> _TASK_: Emit an exact copy of the lines running from the start of the records to the line containing "-- The numbers", both included.

> _EXERCISE INPUT_:
───

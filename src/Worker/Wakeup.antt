-- ===== src/Worker/Wakeup.antt =====
-- A worker of prs/worker.c that falls asleep while other workers ready its tasks, in any interleaving.
-- Each step is one access to the flags or to the semaphore of the thread, or the call of `get_next`.
pub mod Awaken
pub mod Invariant
pub mod Laws
use prs.Base.{ℕ, suc, ◌≡◌, ◌≢◌, Bool, true, false, none, some}
use prs.Worker.{
  flag_interruptible, flag_interrupt_pending, flag_idle, flag_stop, has_flag, add_flag, drop_flag,
  idle_flags, prologue_flags, Turn, leave, choose, go_on, turn, Post, post_rest, post_idle, wake,
  interrupt_thread, answer,
}

-- Where the worker stands: before the test of the stop flag in `prs_worker_entry`, in a task with
-- interrupts, in PRS code without, before the access to the flags in `prs_worker_schedule_internal`,
-- before `get_next`, before the access in `prs_worker_idle`, in `prs_pal_thread_suspend`, before the access
-- in `prs_worker_task_prologue`, out of the loop of the entry. `leaving` is there too, behind the swap of a task that stopped its own worker with interrupts on.
pub data Place : Type 0 where
  entry leaving open_task shut checking choosing sleepy asleep enabling gone : Place

-- Whether interrupts are enabled.
abbrev pub is_open : Place → Bool
is_open open_task = true
is_open leaving = true
is_open entry = false
is_open shut = false
is_open checking = false
is_open choosing = false
is_open sleepy = false
is_open asleep = false
is_open enabling = false
is_open gone = false

-- `ready` says that a task was readied, or the worker told to stop, since `get_next` was called last.
-- The numbers count the other workers that are about to set the pending flag, those that are about to
-- clear the idle flag, those that are about to resume the thread, and the interrupts on their way, whose
-- `pthread_kill` may be yet to come. `dropped` says that an interrupt was lost since interrupts were
-- enabled last.
pub record State : Type 0 where
  pub flags : ℕ
  pub sem : ℕ
  pub place : Place
  pub ready : Bool
  pub arriving : ℕ
  pub waking : ℕ
  pub resuming : ℕ
  pub interrupts : ℕ
  pub dropped : Bool

-- A post sends what `prs_worker_post` decided.
abbrev pub sent : Post → State → State
sent wake s = record s { resuming = suc s.resuming }
sent interrupt_thread s = record s { interrupts = suc s.interrupts }
sent (answer _) s = s

abbrev pub place_of : Turn → (back : Place) → Place
place_of leave back = entry
place_of choose back = choosing
place_of go_on back = back

-- Where `prs_worker_schedule_internal` goes back to. When it leaves, it swaps to, or returns into, the loop
-- of `prs_worker_entry`.
pub data Back : Place → Type 0 where
  to_entry : Back entry
  to_prologue : Back enabling
  to_caller : Back shut

-- `interrupt` says whether the posts are those of `prs_worker_interrupt` or of `prs_worker_signal`.
pub data Step (interrupt : Bool) (s : State) : State → Type 0 where
  readies : Step interrupt s (record s { ready = true; arriving = suc s.arriving })
  stops :
      Step interrupt s
        (record s { flags = add_flag flag_stop s.flags; ready = true; arriving = suc s.arriving })
  posts_awake :
      {n : ℕ}
      → s.arriving ≡ suc n
      → has_flag s.flags flag_idle ≡ false
      → Step interrupt s (
          sent
            (post_rest interrupt s.flags)
            (record s { flags = add_flag flag_interrupt_pending s.flags; arriving = n }))
  posts_idle :
      {n : ℕ}
      → s.arriving ≡ suc n
      → has_flag s.flags flag_idle ≡ true
      → Step interrupt s (record s {
        flags = add_flag flag_interrupt_pending s.flags;
        arriving = n;
        waking = suc s.waking;
      })
  wakes :
      {n : ℕ}
      → s.waking ≡ suc n
      → Step interrupt s (
          sent
            (post_idle interrupt s.flags)
            (record s { flags = drop_flag flag_idle s.flags; waking = n }))
  resumes :
      {n : ℕ} → s.resuming ≡ suc n → Step interrupt s (record s { resuming = n; sem = suc s.sem })
  checks :
      {back : Place}
      → s.place ≡ checking
      → Back back
      → Step interrupt s (record s {
        flags = drop_flag flag_interrupt_pending s.flags;
        place = place_of (turn s.flags) back;
      })
  finds :
      {back : Place}
      → s.place ≡ choosing
      → Back back
      → Step interrupt s (record s { place = back; ready = false })
  -- The scheduler asks for the stack of the thread.
  exits : s.place ≡ choosing → Step interrupt s (record s { place = entry; ready = false })
  finds_none : s.place ≡ choosing → Step interrupt s (record s { place = sleepy; ready = false })
  sleeps :
      {g : ℕ}
      → s.place ≡ sleepy
      → idle_flags s.flags ≡ some g
      → Step interrupt s (record s { flags = g; place = asleep })
  stays_awake :
      s.place ≡ sleepy
      → idle_flags s.flags ≡ none
      → Step interrupt s (record s { place = checking })
  wakes_up :
      {n : ℕ}
      → s.place ≡ asleep
      → s.sem ≡ suc n
      → Step interrupt s (record s { sem = n; place = checking })
  enables :
      {g : ℕ}
      → s.place ≡ enabling
      → prologue_flags s.flags ≡ some g
      → Step interrupt s (record s { flags = g; place = open_task; dropped = false })
  checks_again :
      s.place ≡ enabling
      → prologue_flags s.flags ≡ none
      → Step interrupt s (record s { place = checking })
  disables :
      s.place ≡ open_task
      → Step interrupt s (record s { flags = drop_flag flag_interruptible s.flags; place = shut })
  is_interrupted :
      {n : ℕ}
      → s.place ≡ open_task
      → s.interrupts ≡ suc n
      → Step interrupt s (record s {
        flags = drop_flag flag_interruptible s.flags;
        place = checking;
        interrupts = n;
      })
  ignores :
      {n : ℕ}
      → is_open s.place ≡ false
      → s.interrupts ≡ suc n
      → Step interrupt s (record s { interrupts = n })
  -- The code that an interrupt finds is not user text, so that `prs_worker_interruptible` refuses it.
  drops :
      {n : ℕ}
      → is_open s.place ≡ true
      → s.interrupts ≡ suc n
      → Step interrupt s (record s { interrupts = n; dropped = true })
  -- `pthread_kill` fails.
  fails :
      {n : ℕ}
      → s.interrupts ≡ suc n
      → Step interrupt s (record s { interrupts = n; dropped = true })
  enables_int : s.place ≡ shut → Step interrupt s (record s { place = checking })
  schedules : s.place ≡ shut → Step interrupt s (record s { place = choosing })
  -- `prs_worker_stop` of the worker that calls it.
  stops_self :
      s.place ≡ shut
      → Step interrupt s (record s { flags = add_flag flag_stop s.flags; place = entry })
  stops_open :
      s.place ≡ open_task
      → Step interrupt s (record s { flags = add_flag flag_stop s.flags; place = leaving })
  enters :
      s.place ≡ entry
      → has_flag s.flags flag_stop ≡ false
      → Step interrupt s (record s { place = choosing })
  leaves :
      s.place ≡ entry
      → has_flag s.flags flag_stop ≡ true
      → Step interrupt s (record s { place = gone })

pub data Steps (interrupt : Bool) (s : State) : State → Type 0 where
  stay : Steps interrupt s s
  step : {t u : State} → Steps interrupt s t → Step interrupt t u → Steps interrupt s u

-- As `prs_worker_start` leaves the flags, at the loop of `prs_worker_entry`.
abbrev pub start : State
start = record {
  flags = 0;
  sem = 0;
  place = entry;
  ready = false;
  arriving = 0;
  waking = 0;
  resuming = 0;
  interrupts = 0;
  dropped = false;
}
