-- ===== src/Lib.antt =====
-- A verification library for ganker, a Tinker-style system that fine-tunes language models: clients
-- create training runs, accumulate gradients, step an optimizer, save weights, and sample from the
-- saved weights.
--
-- The parts of the program and the files that model them:
--
--   Base       the Python that the program uses: `int` as a ℤ over the native numbers (Int),
--              exceptions as values and methods as functions from a state to a result and a state
--              (Result), `dict` as an association list in insertion order (Dict), `sorted` and the
--              order of strings (Order), decimal numerals (Text), files (File), and `float` as a
--              parameter (Float). src/ganker/errors.py is in Base/Result.
--   Contracts  src/ganker/contracts.py: the typed requests, responses and values.
--   Telemetry  TelemetryLedger and TelemetryComponent of src/ganker/components.py. The ledger is the
--              list of its events; `record` is record_event, `summary` is summary.
--   Artifacts  src/ganker/artifacts.py: FilesystemArtifactStore over a dictionary from paths to
--              contents.
--   Backends   the protocols of src/ganker/backends/base.py as records TrainingBackend and
--              InferenceBackend. Backends/Fake models src/ganker/backends/fake.py, Backends/Megatron
--              models the coordinator, the tensor conversion and the split of batches of
--              src/ganker/backends/megatron.py, Backends/Sglang the backend of
--              src/ganker/backends/sglang.py over any SGLangRuntime, and the server process and
--              the adapters of SGLangHTTPRuntime (Http, Server, Refreshes). Watched is a machine that
--              notes the calls that it gets.
--   Components TrainingComponent and RolloutComponent of src/ganker/components.py over any backend.
--   Actors     src/ganker/actors.py: the state of the training, rollout and telemetry actors and the
--              files (Mesh), and the endpoints of ProxyActor (Proxy), ControllerActor (Controller)
--              and ControllerProxyActor (ControllerProxy, which takes what Monarch raises for an error
--              of the controller as a parameter).
--   Transport  src/ganker/transport.py: the download of an artifact's files, the ProxyTransport
--              protocol as a record, and MonarchProxyTransport over a mesh (Transport/Proxies).
--   Rpc        src/ganker/rpc/conversion.py (Values, Tensors, Requests, Responses) with the messages
--              of proto/ganker/rpc/v1/proxy.proto (Wire), src/ganker/rpc/server.py (Server, Errors)
--              and src/ganker/rpc/client.py (Client, Errors). `handle` is _handle, `servicer_methods`
--              the methods of GankerProxyServicer, `grpc_proxy_transport` GrpcProxyTransport.
--   Client     src/ganker/client.py: the public client over any transport.
--   Torchrun   src/ganker/distributed/torchrun.py: the sizes of the parallel groups, the ranks, the data
--              that a rank selects, and the arguments of a launch.
--   Registry   src/ganker/distributed/registry.py: role keys, addresses, endpoints, as_dict and
--              from_dict (Payload), and put, get and heartbeat of MappingRunRegistry over a dict of
--              such dictionaries (Mapping).
--   Sft        examples/sft/data.py: the encoding of examples for a tokenizer, and the batches.
--              Sft/Loop models examples/sft/loop.py, and states what it asks of a transport as the
--              record CountsSteps (Counting), which a mesh of the fake backends fills (Local).
--   Tests      the models run on concrete inputs.
--
-- A client's request comes through a transport, from the same process or through the gRPC service,
-- enters at ProxyActor or at ControllerProxyActor, goes to the component that
-- serves it and from there to a backend; the training backend writes artifacts that the inference
-- backend reads; the usage in a response goes to the ledger.
--
-- How code becomes definitions. A method that changes its object and may raise is a function from
-- the state to a result and the state after it, so what was written before a raise stays written.
-- Objects in a dict that methods change in place are stored again under their key. A field of type
-- `int` is a ℤ, and an IntEnum has a further constructor for the ints that are no member. Locks are
-- not modelled: a method runs without interruption, which is what the locks and the actors are for.
-- Fresh UUIDs, the time, the float type, tokenizers, torch, the Megatron runtime, the protobuf package
-- (Rpc/Protobuf), the metadata of a gRPC call, the resolution of paths, and the processes, the clock and
-- the HTTP client of the SGLang runtime (Backends/Sglang/Http) are parameters. `float(n)` is a
-- function: an int beyond the range of a float is not modelled.
-- The loops of the code go over a list or over a range given by a number. Two loops run on fuel: the
-- digits of a number (show_fuel in Base/Text), with n + 1 rounds, enough since each divides by ten
-- (Base/Text/Decimal), and the wait for a server (wait_rounds in Backends/Sglang/Server), which is
-- given more rounds than the clock leaves sleeps before the deadline (Backends/Sglang/Waiting).
--
-- Not modelled: the Monarch and gRPC processes, that an error of a training, rollout or telemetry
-- actor arrives wrapped in an error of Monarch in the actor that called it, failures of the file
-- system, Megatron, SGLang and torch themselves, the Modal apps, the generated protocol code, the
-- meshes that a client spawns, the requests and replies of the SGLang server, and the
-- configuration mappings.
pub mod Base
pub mod Contracts
pub mod Telemetry
pub mod Artifacts
pub mod Backends
pub mod Components
pub mod Actors
pub mod Torchrun
pub mod Transport
pub mod Sft
pub mod Registry
pub mod Rpc
pub mod Client
pub mod Tests
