-- ===== src/Base/Result.antt =====
-- Exceptions as values, and methods that change an object and may raise.
-- src/ganker/errors.py
use Prim.Native.String.{String}
use mathlib.Core.Path.{◌≡◌, refl, ap}
use mathlib.Core.Logic.{◌⊎◌, inl, inr}
use mathlib.Core.Bool.{Bool, true, false}
use mathlib.Core.Option.{Option, none, some}

-- The members of `grpc.StatusCode` that the code names; the others go by their name.
pub data StatusCode : Type 0 where
  invalid_argument unavailable_code not_found_code deadline_exceeded internal : StatusCode
  unauthenticated : StatusCode
  other_code : String → StatusCode

-- The classes of errors.py, the `GrpcTransportError` of rpc/client.py, and the standard exceptions
-- that the code raises. The text of each is its message; `other_error` is any exception of another
-- class.
pub data Error : Type 0 where
  invalid_request not_found backend_unavailable : String → Error
  grpc_transport_error : StatusCode → String → Error
  value_error key_error type_error index_error timeout_error other_error : String → Error

pub data Result {ℓ} (A : Type ℓ) : Type ℓ where
  ok : A → Result A
  err : Error → Result A

-- A method: what was written before a raise stays written, so the state comes back in both cases.
abbrev pub Exec {ℓ κ} : Type ℓ → Type κ → Type (ℓ ⊔ κ)
Exec S A = S → Result A × S

module _ {ℓ κ} {S : Type ℓ} {A : Type κ} where
  abbrev pub pure : A → Exec S A
  pure a s = (ok a, s)

  abbrev pub raise : Error → Exec S A
  raise e s = (err e, s)

  abbrev pub lift : Result A → Exec S A
  lift r s = (r, s)

  abbrev pub gets : (S → A) → Exec S A
  gets f s = (ok (f s), s)

  abbrev pub or_raise : Option A → Error → Exec S A
  or_raise none e = raise e
  or_raise (some a) e = pure a

infixl 5 ◌>>=◌ ◌>>◌
abbrev pub ◌>>=◌ {ℓ κ λ'} :
    {S : Type ℓ} {A : Type κ} {B : Type λ'} → Exec S A → (A → Exec S B) → Exec S B
◌>>=◌ m f s = let (r, s') = m s in elim r [ ok a ↦ f a s' | err e ↦ (err e, s') ]

abbrev pub ◌>>◌ {ℓ κ λ'} : {S : Type ℓ} {A : Type κ} {B : Type λ'} → Exec S A → Exec S B → Exec S B
m >> k = m >>= λ _. k

-- `if c: raise e`
abbrev pub raise_if {ℓ} : {S : Type ℓ} → Bool → Error → Exec S (Unit {0})
raise_if true e s = (err e, s)
raise_if false e s = (ok tt, s)

abbrev pub modify {ℓ} : {S : Type ℓ} → (S → S) → Exec S (Unit {0})
modify f s = (ok tt, f s)

-- The same for code that has no state.
abbrev pub bind {ℓ κ} : {A : Type ℓ} {B : Type κ} → Result A → (A → Result B) → Result B
bind (ok a) f = f a
bind (err e) f = err e

abbrev pub fmap {ℓ κ} : {A : Type ℓ} {B : Type κ} → (A → B) → Result A → Result B
fmap f (ok a) = ok (f a)
fmap f (err e) = err e

-- An error that arrives as another one.
abbrev pub map_error {ℓ} : {A : Type ℓ} → (Error → Error) → Result A → Result A
map_error f (ok a) = ok a
map_error f (err e) = err (f e)

-- `if c: raise e`, and then `k`
abbrev pub unless {ℓ} : {A : Type ℓ} → Bool → Error → Result A → Result A
unless true e k = err e
unless false e k = k

abbrev pub is_ok {ℓ} : {A : Type ℓ} → Result A → Bool
is_ok (ok a) = true
is_ok (err e) = false

pub Result-cases {ℓ} :
    {A : Type ℓ} (r : Result A) → ((a : A) × (r ≡ ok a)) ⊎ ((e : Error) × (r ≡ err e))
Result-cases (ok a) = inl (a, refl)
Result-cases (err e) = inr (e, refl)

pub bind-eq-ok {ℓ κ} :
    {A : Type ℓ} {B : Type κ} (m : Result A) (f : A → Result B) {b : B}
    → bind m f ≡ ok b
    → (a : A) × (m ≡ ok a) × (f a ≡ ok b)
bind-eq-ok (ok a) f h = (a, refl, h)
bind-eq-ok (err e) f h = cc

-- What a method that returned has passed.
pub >>=-eq-ok {ℓ κ λ'} :
    {S : Type ℓ} {A : Type κ} {B : Type λ'} (m : Exec S A) (f : A → Exec S B) (s : S) {b : B}
    → ((m >>= f) s).0 ≡ ok b
    → (a : A) × ((m s).0 ≡ ok a) × ((f a (m s).1).0 ≡ ok b)
>>=-eq-ok m f s h = elim (Result-cases (m s).0) [ inl (a, e) ↦ (a, e, cc) | inr (x, e) ↦ cc ]

pub raise_if-eq-ok {ℓ κ} :
    {S : Type ℓ} {B : Type κ} (c : Bool) (e : Error) (k : Exec S B) (s : S) {b : B}
    → ((raise_if c e >> k) s).0 ≡ ok b
    → (c ≡ false) × ((k s).0 ≡ ok b)
raise_if-eq-ok true e k s h = cc
raise_if-eq-ok false e k s h = (refl, h)

pub unless-eq-ok {ℓ} :
    {A : Type ℓ} (c : Bool) (e : Error) (k : Result A) {a : A}
    → unless c e k ≡ ok a
    → (c ≡ false) × (k ≡ ok a)
unless-eq-ok true e k h = cc
unless-eq-ok false e k h = (refl, h)

-- A step that follows a method and gives its result again.
pub tap-eq-ok {ℓ κ λ'} :
    {S : Type ℓ} {A : Type κ} {B : Type λ'} (p : Result A × S) (g : A → Exec S B) (s : S) {a : A}
    → (((λ (_ : S). p) >>= λ x. g x >> pure x) s).0 ≡ ok a
    → p.0 ≡ ok a
tap-eq-ok (err x, s') g s h = cc
tap-eq-ok (ok x, s') g s h = elim (Result-cases (g x s').0) [ inl (b, e) ↦ cc | inr (y, e) ↦ cc ]

-- A method that raises has changed nothing.
abbrev pub KeepsOnRaise {ℓ κ} : {S : Type ℓ} {A : Type κ} → Exec S A → S → Type ℓ
KeepsOnRaise m s = (is_ok (m s).0 ≡ true) ⊎ ((m s).1 ≡ s)

pub KeepsOnRaise-intro {ℓ κ} :
    {S : Type ℓ} {A : Type κ} (m : Exec S A) (s : S)
    → (is_ok (m s).0 ≡ false → (m s).1 ≡ s)
    → KeepsOnRaise m s
KeepsOnRaise-intro m s f = elim (Result-cases (m s).0) [
  | inl (a, e) ↦ inl (ap is_ok e)
  | inr (x, e) ↦ inr (f (ap is_ok e))
]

───

> _ANSWER BOX_:
filename src/Worker/Wakeup.antt
-- ===== src/Worker/Wakeup.antt =====
-- A worker of prs/worker.c that falls asleep while other workers ready its tasks, in any interleaving.
-- Each step is one access to the flags or to the semaphore of the thread, or the call of `get_next`.
pub mod Awaken
pub mod Invariant
pub mod Laws
use prs.Base.{ℕ, suc, ◌≡◌, ◌≢◌, Bool, true, false, none, some}
use prs.Worker.{
  flag_interruptible, flag_interrupt_pending, flag_idle, flag_stop, has_flag, add_flag, drop_flag,
  idle_flags, prologue_flags, Turn, leave, choose, go_on, turn, Post, post_rest, post_idle, wake,
  interrupt_thread, answer,
}

-- Where the worker stands: before the test of the stop flag in `prs_worker_entry`, in a task with
-- interrupts, in PRS code without, before the access to the flags in `prs_worker_schedule_internal`,
-- before `get_next`, before the access in `prs_worker_idle`, in `prs_pal_thread_suspend`, before the access
-- in `prs_worker_task_prologue`, out of the loop of the entry. `leaving` is there too, behind the swap of a task that stopped its own worker with interrupts on.
pub data Place : Type 0 where
  entry leaving open_task shut checking choosing sleepy asleep enabling gone : Place

-- Whether interrupts are enabled.
abbrev pub is_open : Place → Bool
is_open open_task = true
is_open leaving = true
is_open entry = false
is_open shut = false
is_open checking = false
is_open choosing = false
is_open sleepy = false
is_open asleep = false
is_open enabling = false
is_open gone = false

-- `ready` says that a task was readied, or the worker told to stop, since `get_next` was called last.
-- The numbers count the other workers that are about to set the pending flag, those that are about to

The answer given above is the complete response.